» **Work to complete**:
Below are the records; locate each line with the word "some" and copy it.

· · ·

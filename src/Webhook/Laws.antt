-- ===== src/Webhook/Laws.antt =====
-- What internal/database/types/webhook.go and internal/webhook/manager.go guarantee.
use arandu_whatsapp.Authz.Checks.{check_instance_lookup}
use arandu_whatsapp.Authz.Security.{Security, runtime}
use arandu_whatsapp.Errors.{Error, Result, err, ok}
use arandu_whatsapp.Policy.{Action-eq}
use arandu_whatsapp.Prelude.{
  ==_iff, ==_refl, Bool, List, List-eq, Option, Option-eq, String, String-eq, [], all, arith, false,
  map, none, refl, some, true, ℕ-eq, ◌++◌, ◌<◌, ◌↔◌, ◌∷◌, ◌≡◌, ◌≢◌, ◌≤◌,
}
use arandu_whatsapp.Prelude.Text.{Text, Unicode, len}
use arandu_whatsapp.Webhook.Dispatch.{
  Endpoint, Services, WebhookConfiguration, deliver, dispatch, dispatch_event, global_endpoint,
  global_target, instance_endpoint, instance_target, parse_webhook_events, webhook_runtime_grant,
}
use arandu_whatsapp.Webhook.Events.{
  WebhookEvent, WebhookEvents, is_enabled, is_supported, is_webhook_event_field, of_fields,
  unlisted, validate_webhook_event_fields, webhook_events_by_name, webhook_fields_by_name,
}
use arandu_whatsapp.Webhook.Manager.{Manager, ManagerConfig, new_manager, normalize_url}

-- The three tables of the events agree: whatever the fields of a configuration say, it switches each
-- event on exactly when the field that webhookFieldsByName names for it is true; the fields are those
-- of all supported events in the same order, each of them is supported, and an event outside the
-- constants is never switched on.
pub tables_agree :
    (v : String → Bool) (name : String)
    → (map (λ e. is_enabled (of_fields v) e.1) webhook_fields_by_name
        ≡ map (λ e. v e.0) webhook_fields_by_name)
      × (map (λ e. e.1) webhook_fields_by_name ≡ webhook_events_by_name)
      × (all is_supported webhook_events_by_name ≡ true)
      × (is_enabled (of_fields v) (unlisted name) ≡ false)
unfolding is_enabled of_fields is_supported
tables_agree v name = (refl, refl, refl, refl)

-- Every field of a request is known exactly when the validation passes.
pub validate_iff :
    (events : List String)
    → (validate_webhook_event_fields events ≡ none) ↔ (all is_webhook_event_field events ≡ true)
unfolding validate_webhook_event_fields
validate_iff [] = ground arith
validate_iff (event ∷ events) = ground (arith, validate_iff events)

module _ (unicode : Unicode) (hesape_normalize_url : Text → Option Text) where
  -- A manager that NewManager returns has a URL and a signing secret if its global webhook is enabled,
  -- signs with 32 bytes at least or not at all, and keeps deliveries for a positive time.
  pub new_manager_lem :
      (built : Option Error) (cfg : ManagerConfig) (m : Manager)
      → new_manager unicode hesape_normalize_url built cfg ≡ ok m
      → (m.global_enabled ≡ cfg.global_enabled)
        × (m.global_enabled ≡ true → (m.global_url ≢ []) × (m.signing_available ≡ true))
        × (m.signing_available ≡ true → 32 ≤ len m.secret)
        × (0 < m.retention)
        × (m.retention < 9223372036854775808)
  unfolding new_manager
  new_manager_lem built cfg m h = ground (arith, ==_refl {A = Text} [])

  deliver-global :
      (sv : Services) (m : Manager) (failed : Option Error) (endpoints : List Endpoint)
      → m.global_enabled ≡ true
      → m.signing_available ≡ true
      → sv.new_id ≡ none
      → (deliver unicode sv m failed (endpoints ++ global_endpoint unicode sv m)).1
        ≡ endpoints ++ record { target = global_target; url = m.global_url } ∷ []
  unfolding deliver global_endpoint
  deliver-global sv m failed [] on signs i = ground arith
  deliver-global sv m failed (x ∷ endpoints) on signs i = ground arith

  -- A manager with the global webhook that NewManager returns hands every supported event to the
  -- delivery engine for the global URL, after the URL of the instance if that is selected, under a runtime Grant of the same tenant and whatever the
  -- configuration of the instance is, also where it cannot be read or is not valid; the Grant may load
  -- the instance, and the payload and the event id are made.
  pub global_delivered :
      (sv : Services) (security : Security) (built : Option Error) (cfg : ManagerConfig)
      (m : Manager) (event : WebhookEvent)
      (configured : security.Grant → Result WebhookConfiguration) (g : security.Grant)
      → new_manager unicode hesape_normalize_url built cfg ≡ ok m
      → m.global_enabled ≡ true
      → is_supported event ≡ true
      → check_instance_lookup security g ≡ none
      → security.tenant g ≢ ""
      → sv.marshalled ≡ none
      → sv.new_id ≡ none
      → (dispatch unicode sv security m event configured g).1
        ≡ some (
          security.system_grant runtime (security.tenant g),
          (instance_endpoint unicode sv event
                (configured (security.system_grant runtime (security.tenant g)))).1
              ++ record { target = global_target; url = m.global_url } ∷ [],
        )
  unfolding dispatch dispatch_event webhook_runtime_grant
  global_delivered sv security built cfg m event configured g made on known allowed t j i = ground (
    arith,
    ==_iff (security.tenant g) "",
    deliver-global sv m
        (instance_endpoint unicode sv event
          (configured (security.system_grant runtime (security.tenant g)))).0
        (instance_endpoint unicode sv event
          (configured (security.system_grant runtime (security.tenant g)))).1
        on ((new_manager_lem built cfg m made).1 on).1 i,
  )

-- The conditions under which the webhook of an instance is selected for an event.
pub record Selects (unicode : Unicode) (sv : Services) (event : WebhookEvent)
    (configured : Result WebhookConfiguration) (url : Text) : Type 0 where
  pub webhook : WebhookConfiguration
  pub events : WebhookEvents
  pub read : configured ≡ ok webhook
  pub on : webhook.enabled ≡ true
  pub parsed : parse_webhook_events sv webhook.events ≡ ok events
  pub switched : is_enabled events event ≡ true
  pub normal : normalize_url unicode sv.hesape_normalize_url webhook.url ≡ ok url

module _ (unicode : Unicode) (sv : Services) (event : WebhookEvent) (url : Text) where
  selected_reads :
      (webhook : WebhookConfiguration)
      → (instance_endpoint unicode sv event (ok webhook)).1
        ≡ record { target = instance_target; url = url } ∷ []
      → (r : Result WebhookEvents) → parse_webhook_events sv webhook.events ≡ r
      → Selects unicode sv event (ok webhook) url
  unfolding instance_endpoint
  selected_reads webhook h (err e) parsed = ground arith
  selected_reads webhook h (ok events) parsed = record {
    webhook = webhook;
    events = events;
    read = refl;
    on = ground arith;
    parsed = parsed;
    switched = ground arith;
    normal = ground arith;
  }

  -- The webhook of an instance is selected, with this URL, exactly when its configuration is read, is
  -- enabled, switches the event on, and has a URL that normalizes to this one.
  pub instance_endpoint_iff :
      (configured : Result WebhookConfiguration)
      → ((instance_endpoint unicode sv event configured).1
          ≡ record { target = instance_target; url = url } ∷ [])
        ↔ Selects unicode sv event configured url
  unfolding instance_endpoint
  instance_endpoint_iff (err e) = (λ h. ground arith, λ v. ground (arith, v.read))
  instance_endpoint_iff (ok webhook) = (
    λ h. selected_reads webhook h (parse_webhook_events sv webhook.events) refl,
    λ v. ground (arith, v.read, v.on, v.parsed, v.switched, v.normal),
  )
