-- ===== src/Webhook/Tests.antt =====
-- Tests and instances for internal/webhook/manager.go.
use text.Mathlib.TextEquality.{eq_iff}
use arandu_whatsapp.Authz.Checks.{check_instance_lookup}
use arandu_whatsapp.Authz.Security.{Action-discrete, runtime}
use arandu_whatsapp.Errors.{Result, err, external, ok}
use arandu_whatsapp.Fixtures.{DemoGrant, ascii, demo, grant_of}
use arandu_whatsapp.Policy.{Action-eq}
use arandu_whatsapp.Prelude.{
  List-eq, Option, Option-eq, String, String-eq, [], all, arith, false, list_eq, map, none, refl,
  some, true, ℕ-eq, ◌++◌, ◌<◌, ◌↔◌, ◌∷◌, ◌≡◌, ◌≢◌, ◌≤◌,
}
use arandu_whatsapp.Prelude.Text.{Text, codes, len, trim_left, trim_space}
use arandu_whatsapp.Webhook.Dispatch.{
  Services, WebhookConfiguration, dispatch, global_target, instance_endpoint, instance_target,
}
use arandu_whatsapp.Webhook.Events.{
  event_messages_upsert, is_enabled, is_supported, of_fields, unlisted, webhook_events_by_name,
  webhook_fields_by_name,
}
use arandu_whatsapp.Webhook.Laws.{
  Selects, global_delivered, new_manager_lem, instance_endpoint_iff, tables_agree,
}
use arandu_whatsapp.Webhook.Manager.{
  Manager, ManagerConfig, default_delivery_retention, new_configuration_cache, new_manager,
  normalize_url,
}

tables_agree_example :
    (map (λ e. is_enabled (of_fields (λ f. true)) e.1) webhook_fields_by_name
      ≡ map (λ e. true) webhook_fields_by_name)
    × (map (λ e. e.1) webhook_fields_by_name ≡ webhook_events_by_name)
    × (all is_supported webhook_events_by_name ≡ true)
    × (is_enabled (of_fields (λ f. true)) (unlisted "x") ≡ false)
tables_agree_example = tables_agree (λ f. true) "x"

abbrev any_url : Text → Option Text
any_url url = some url

abbrev config : ManagerConfig
config = record {
  global_url = codes " https://example.com ";
  global_enabled = true;
  signing_secret = codes "0123456789abcdef0123456789abcdef";
  retention = 0;
  has_configuration_cache = false;
  configuration_cache_ttl = 0;
}

abbrev manager : Manager
manager = record {
  global_url = codes "https://example.com";
  global_enabled = true;
  signing_available = true;
  secret = codes "0123456789abcdef0123456789abcdef";
  retention = default_delivery_retention;
  config_cache = record { has_repository = false; ttl = 0 };
}

made : new_manager ascii any_url none config ≡ ok manager
unfolding new_manager list_eq normalize_url new_configuration_cache trim_space trim_left len
made = refl

new_manager_example :
    (manager.global_enabled ≡ config.global_enabled)
    × (manager.global_enabled ≡ true
        → (manager.global_url ≢ []) × (manager.signing_available ≡ true))
    × (manager.signing_available ≡ true → 32 ≤ len manager.secret)
    × (0 < manager.retention)
    × (manager.retention < 9223372036854775808)
new_manager_example = new_manager_lem ascii any_url none config manager made

abbrev services : Services
services = record {
  marshalled = none;
  unmarshal_events = λ raw. ok (λ f. true);
  hesape_normalize_url = any_url;
  new_id = none;
  delivery = λ endpoints. none;
}

acme_named : ◌≢◌ {A = String} "acme" ""
acme_named = ground (arith, eq_iff "acme" "")

allowed : check_instance_lookup demo (grant_of runtime "acme") ≡ none
unfolding check_instance_lookup Action-discrete
allowed = refl

supported : is_supported event_messages_upsert ≡ true
unfolding is_supported
supported = refl

abbrev unreadable : DemoGrant → Result WebhookConfiguration
unreadable g = err (external "connection reset")

global_delivered_example :
    (dispatch ascii services demo manager event_messages_upsert unreadable
      (grant_of runtime "acme")).1
    ≡ some (
      grant_of runtime "acme",
      (instance_endpoint ascii services event_messages_upsert (err (external "connection reset"))).1
          ++ record { target = global_target; url = codes "https://example.com" } ∷ [],
    )
global_delivered_example =
    global_delivered ascii any_url services demo none config manager event_messages_upsert
      unreadable (grant_of runtime "acme") made refl supported allowed acme_named refl refl

abbrev own : WebhookConfiguration
own = record { url = codes "https://acme.test"; enabled = true; events = codes "{}" }

instance_endpoint_iff_example :
    ((instance_endpoint ascii services event_messages_upsert (ok own)).1
      ≡ record { target = instance_target; url = codes "https://acme.test" } ∷ [])
    ↔ Selects ascii services event_messages_upsert (ok own) (codes "https://acme.test")
instance_endpoint_iff_example =
    instance_endpoint_iff ascii services event_messages_upsert (codes "https://acme.test") (ok own)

· · ·

» **Finished exercise**:
  map, none, refl, some, true, ℕ-eq, ◌++◌, ◌<◌, ◌↔◌, ◌∷◌, ◌≡◌, ◌≢◌, ◌≤◌,
        ≡ some (
  some, true, ℕ-eq, ◌++◌, ◌<◌, ◌↔◌, ◌∷◌, ◌≡◌, ◌≢◌, ◌≤◌,
any_url url = some url
    ≡ some (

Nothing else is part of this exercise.